There are a lot of arguments brought forward for in-memory databases. If we had unlimited memory, holding all data in memory would allow the fastest access. I think there is no doubt about this.
As we all know, there always was and will be a vast difference in access times comparing memory against hard disks or solid-state drives (SSD).
While pure in-memory databases like SAP HANA offer the fastest access to the data, Teradata decided to go for the 80-20 rule. It states that only 20% of the data is accessed very frequently, and it is good enough (from a cost perspective) to keep this very frequently accessed data in memory. The less accessed data is made available on slower storage (In reality, it is not exactly 80-20, but you get the idea).
Teradata classifies data as cold, warm, hot, and very hot – mainly, this is tightly coupled to the data access frequency. The overall architecture is named Teradata Intelligent Memory.
Teradata Intelligent Memory is available, starting with Teradata 14.10, and disposable for all systems running on this release.

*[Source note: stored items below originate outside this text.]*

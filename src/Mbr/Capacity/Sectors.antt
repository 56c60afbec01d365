-- ===== src/Mbr/Capacity/Sectors.antt =====
-- The sector count of get_num_sectors in hdmbr/mbr.c as arithmetic on the 16-bit words.
use c_modules.Base.{
  ℕ, ◌+◌, ◌*◌, ◌<◌, ◌^◌, ◌%◌, ◌≡◌, ◌/◌, Bool, not, ◌&&◌, ltb, ◌==◌, if◌then◌else◌, bit_and, bit_or,
  ◌∙◌, ap, arith,
}
use mathlib.Core.Path.{ap₂}
use c_modules.Base.Xor.{bit_or_above, bit_and_256}
use c_modules.Base.Bits.{bit_and_pow, bit_and_192}
use c_modules.Mbr.Capacity.{AtaIdentifyDevice, supports_lba48, get_num_sectors}

-- The words are 16 bits wide.
pub record Is16Bit (drive : AtaIdentifyDevice) : Type 0 where
  pub low : (k : ℕ) → drive.words047_079 k < 65536
  pub high : (k : ℕ) → drive.words088_255 k < 65536
  pub command_set : drive.command_set_2 < 65536

-- The number that the words `lo`, `hi` make up.
abbrev pub two_words : (lo hi : ℕ) → ℕ
two_words lo hi = lo + hi * 65536

abbrev pub four_words : (a b c d : ℕ) → ℕ
four_words a b c d = a + b * 65536 + c * 4294967296 + d * 281474976710656

two_words-bits :
    (lo hi : ℕ) → lo < 65536 → hi < 65536 → bit_or (hi * 2 ^ 16 % 2 ^ 32) lo ≡ two_words lo hi
two_words-bits lo hi l h =
    ap (λ t. bit_or t lo) {x = hi * 2 ^ 16 % 2 ^ 32} {y = hi * 2 ^ 16} (omega arith)
    ∙ bit_or_above 16 hi lo (omega arith)
    ∙ omega arith

four_words-bits :
    (a b c d : ℕ)
    → a < 65536
    → b < 65536
    → c < 65536
    → d < 65536
    → bit_or (bit_or (bit_or (d * 2 ^ 48 % 2 ^ 64) (c * 2 ^ 32 % 2 ^ 64)) (b * 2 ^ 16 % 2 ^ 64)) a
      ≡ four_words a b c d
four_words-bits a b c d ha hb hc hd =
    let top : bit_or (d * 2 ^ 48 % 2 ^ 64) (c * 2 ^ 32 % 2 ^ 64) ≡ (d * 65536 + c) * 2 ^ 32 =
      ap₂ bit_or {x = d * 2 ^ 48 % 2 ^ 64} {y = d * 2 ^ 48} {u = c * 2 ^ 32 % 2 ^ 64}
        {v = c * 2 ^ 32} (omega arith) (omega arith)
      ∙ bit_or_above 48 d (c * 2 ^ 32) (omega arith)
      ∙ omega arith in
    let middle : bit_or ((d * 65536 + c) * 2 ^ 32) (b * 2 ^ 16 % 2 ^ 64)
        ≡ ((d * 65536 + c) * 65536 + b) * 2 ^ 16 =
      ap (bit_or ((d * 65536 + c) * 2 ^ 32)) {x = b * 2 ^ 16 % 2 ^ 64} {y = b * 2 ^ 16}
        (omega arith)
      ∙ bit_or_above 32 (d * 65536 + c) (b * 2 ^ 16) (omega arith)
      ∙ omega arith in
    ap (λ t. bit_or (bit_or t (b * 2 ^ 16 % 2 ^ 64)) a) top
    ∙ ap (λ t. bit_or t a) middle
    ∙ bit_or_above 16 ((d * 65536 + c) * 65536 + b) a (omega arith)
    ∙ omega arith

abbrev pub larger : ℕ → ℕ → ℕ
larger a b = if ltb a b then b else a

-- Bit 9 of word 49, and of word 83 bit 10 with the two highest bits 01.
abbrev pub has_lba : AtaIdentifyDevice → Bool
has_lba drive = drive.words047_079 2 / 512 % 2 == 1

abbrev pub has_lba48 : AtaIdentifyDevice → Bool
has_lba48 drive = (drive.command_set_2 / 16384 == 1) && (drive.command_set_2 / 1024 % 2 == 1)

-- The count as the ATA standard defines it: words 60 and 61 for 28-bit addressing, words 100 to 103
-- for 48-bit addressing, the larger of both where both are supported.
unfoldable pub sector_count : AtaIdentifyDevice → ℕ
sector_count drive =
    let lba28 = two_words (drive.words047_079 13) (drive.words047_079 14) in
    let lba48 =
      four_words (drive.words088_255 12) (drive.words088_255 13) (drive.words088_255 14)
        (drive.words088_255 15) in
    if has_lba drive then larger (if has_lba48 drive then lba48 else 0) lba28 else 0

mask_9 : (w : ℕ) → w < 65536 → bit_and w 0x0200 ≡ w / 512 % 2 * 512
mask_9 w lt = omega (arith, bit_and_256 w 2, bit_and_pow 1 (w / 256) (omega arith) (omega arith))

mask_10 : (w : ℕ) → w < 65536 → bit_and w 0x0400 ≡ w / 1024 % 2 * 1024
mask_10 w lt = omega (arith, bit_and_256 w 4, bit_and_pow 2 (w / 256) (omega arith) (omega arith))

mask_14 : (w : ℕ) → w < 65536 → bit_and w 0xc000 ≡ w / 16384 * 16384
mask_14 w lt = omega (arith, bit_and_256 w 192, bit_and_192 (w / 256) (omega arith))

supports_lba48-has_lba48 :
    (drive : AtaIdentifyDevice) → Is16Bit drive → supports_lba48 drive ≡ has_lba48 drive
unfolding supports_lba48
supports_lba48-has_lba48 drive wide =
    ap₂ (λ a b. (a == 0x4000) && not (b == 0)) (mask_14 drive.command_set_2 wide.command_set)
      (mask_10 drive.command_set_2 wide.command_set)
    ∙ ap₂ ◌&&◌ {x = drive.command_set_2 / 16384 * 16384 == 0x4000}
        {y = drive.command_set_2 / 16384 == 1}
        {u = not (drive.command_set_2 / 1024 % 2 * 1024 == 0)}
        {v = drive.command_set_2 / 1024 % 2 == 1} (ground arith) (ground arith)

if_lba :
    (w count : ℕ)
    → w < 65536
    → (if bit_and w 0x0200 == 0 then 0 else count) ≡ (if w / 512 % 2 == 1 then count else 0)
if_lba w count lt = ap (λ b. if b == 0 then 0 else count) (mask_9 w lt) ∙ ground arith

-- For 16-bit words, get_num_sectors gives 0 without bit 9 of word 49, and else the larger of the count
-- of words 60 and 61 and, where word 83 has bit 10 and 01 at its top, that of words 100 to 103, each
-- a sum of words.
pub get_num_sectors-sector_count :
    (drive : AtaIdentifyDevice) → Is16Bit drive → get_num_sectors drive ≡ sector_count drive
unfolding get_num_sectors sector_count
get_num_sectors-sector_count drive wide =
    ap₂
      (λ p q.
        if bit_and (drive.words047_079 2) 0x0200 == 0
        then 0
        else larger (if supports_lba48 drive then p else 0) q)
      (four_words-bits (drive.words088_255 12) (drive.words088_255 13) (drive.words088_255 14)
        (drive.words088_255 15) (wide.high 12) (wide.high 13) (wide.high 14) (wide.high 15))
      (two_words-bits (drive.words047_079 13) (drive.words047_079 14) (wide.low 13) (wide.low 14))
    ∙ if_lba (drive.words047_079 2) _ (wide.low 2)
    ∙ ap
        (λ b.
          if has_lba drive
          then larger
              (if b
                then four_words (drive.words088_255 12) (drive.words088_255 13)
                    (drive.words088_255 14) (drive.words088_255 15)
                else 0)
              (two_words (drive.words047_079 13) (drive.words047_079 14))
          else 0)
        (supports_lba48-has_lba48 drive wide)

To understand the concepts behind “data temperature” and the relation to the storage type, we must know how data is stored in a Teradata system.
One requirement for the Teradata AMPs is that data blocks must be made available in memory before operating the rows. Therefore, each AMP has its memory (FSG cache). Starting with Teradata 14.10, AMPs now have additional memory used for the very hot data. Data blocks moved into this memory may stay there even for days.
But how does Teradata handles the “not-so-hot” data, i.e., cold, warm, and hot data?
In case solid-state drives are available, this would be the next choice. We all know that solid-state storage is faster than hard disks.
But even on hard drives, it greatly affects which cylinder data blocks are located.
Below you can see the structure of a hard drive. Each circle represents one disk cylinder.
As you may know, data blocks are stored in cylinders. A full cylinder can be read into memory when a drive spins one time. As you will immediately recognize, Teradata can place more data blocks in the outer (red) cylinder than in the inner (blue) cylinder. Therefore, more blocks from the outer cylinder can be read into memory with one spin than from the inner cylinder.
Teradata takes advantage of this fact and puts the cold data into the inner cylinders, while Teradata stores hotter data in the outer cylinders.
There is a hierarchy in Teradata’s intelligent memory strategy from memory to SSD to disks (while considering the different cylinders’ positions).
While Teradata’s solution can never be as fast as real in-memory database solutions, it is a fair tradeoff between storage limits (which you have on in-memory databases) and performance.